- [INSTRUCTIONS TO FOLLOW]:
Starting at the line that contains "unfoldable pub released", quote each line exactly through the last line of the entries, both included.

Data items:
□ □ □ □
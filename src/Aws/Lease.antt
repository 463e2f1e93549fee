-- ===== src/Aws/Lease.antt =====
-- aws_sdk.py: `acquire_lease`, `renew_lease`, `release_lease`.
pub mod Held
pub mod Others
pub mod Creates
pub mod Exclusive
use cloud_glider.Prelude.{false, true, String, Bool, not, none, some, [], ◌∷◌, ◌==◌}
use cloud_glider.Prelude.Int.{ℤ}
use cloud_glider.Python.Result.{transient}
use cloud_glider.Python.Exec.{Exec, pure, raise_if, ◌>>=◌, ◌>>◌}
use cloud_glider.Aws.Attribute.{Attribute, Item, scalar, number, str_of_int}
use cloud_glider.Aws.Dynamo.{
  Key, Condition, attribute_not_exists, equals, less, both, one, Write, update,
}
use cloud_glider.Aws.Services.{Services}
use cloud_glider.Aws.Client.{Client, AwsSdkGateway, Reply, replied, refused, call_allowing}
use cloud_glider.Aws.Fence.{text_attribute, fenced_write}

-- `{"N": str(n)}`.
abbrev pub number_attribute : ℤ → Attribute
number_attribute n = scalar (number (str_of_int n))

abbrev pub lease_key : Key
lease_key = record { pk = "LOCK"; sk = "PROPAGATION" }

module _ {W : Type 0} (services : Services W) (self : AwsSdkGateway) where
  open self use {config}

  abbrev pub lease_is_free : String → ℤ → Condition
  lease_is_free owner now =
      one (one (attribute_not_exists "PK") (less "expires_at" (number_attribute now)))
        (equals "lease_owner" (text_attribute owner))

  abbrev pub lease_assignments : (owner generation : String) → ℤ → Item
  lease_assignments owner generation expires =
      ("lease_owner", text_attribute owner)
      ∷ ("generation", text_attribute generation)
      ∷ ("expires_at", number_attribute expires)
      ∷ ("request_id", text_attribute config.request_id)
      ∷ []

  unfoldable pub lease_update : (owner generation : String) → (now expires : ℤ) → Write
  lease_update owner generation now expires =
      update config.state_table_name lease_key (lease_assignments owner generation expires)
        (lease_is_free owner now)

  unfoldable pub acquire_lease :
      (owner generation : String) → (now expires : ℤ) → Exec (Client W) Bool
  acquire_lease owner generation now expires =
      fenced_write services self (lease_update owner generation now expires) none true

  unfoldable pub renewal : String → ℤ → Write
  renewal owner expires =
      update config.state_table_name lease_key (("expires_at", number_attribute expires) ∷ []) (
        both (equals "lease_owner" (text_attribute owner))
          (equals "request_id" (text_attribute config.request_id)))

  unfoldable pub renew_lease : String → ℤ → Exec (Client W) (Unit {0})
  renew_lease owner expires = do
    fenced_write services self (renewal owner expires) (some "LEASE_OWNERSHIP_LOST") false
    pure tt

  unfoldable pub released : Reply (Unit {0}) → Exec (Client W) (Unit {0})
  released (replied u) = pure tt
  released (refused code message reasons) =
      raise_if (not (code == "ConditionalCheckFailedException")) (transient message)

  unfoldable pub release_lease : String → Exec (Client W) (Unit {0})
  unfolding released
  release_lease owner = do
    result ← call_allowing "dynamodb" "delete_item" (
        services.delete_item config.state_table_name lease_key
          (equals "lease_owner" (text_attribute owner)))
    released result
□ □ □ □
- [RESPONSE]:
  unfoldable pub released : Reply (Unit {0}) → Exec (Client W) (Unit {0})
  released (replied u) = pure tt
  released (refused code message reasons) =
      raise_if (not (code == "ConditionalCheckFailedException")) (transient message)

  unfoldable pub release_lease : String → Exec (Client W) (Unit {0})
  unfolding released
  release_lease owner = do
    result ← call_allowing "dynamodb" "delete_item" (
        services.delete_item config.state_table_name lease_key
          (equals "lease_owner" (text_attribute owner)))
    released result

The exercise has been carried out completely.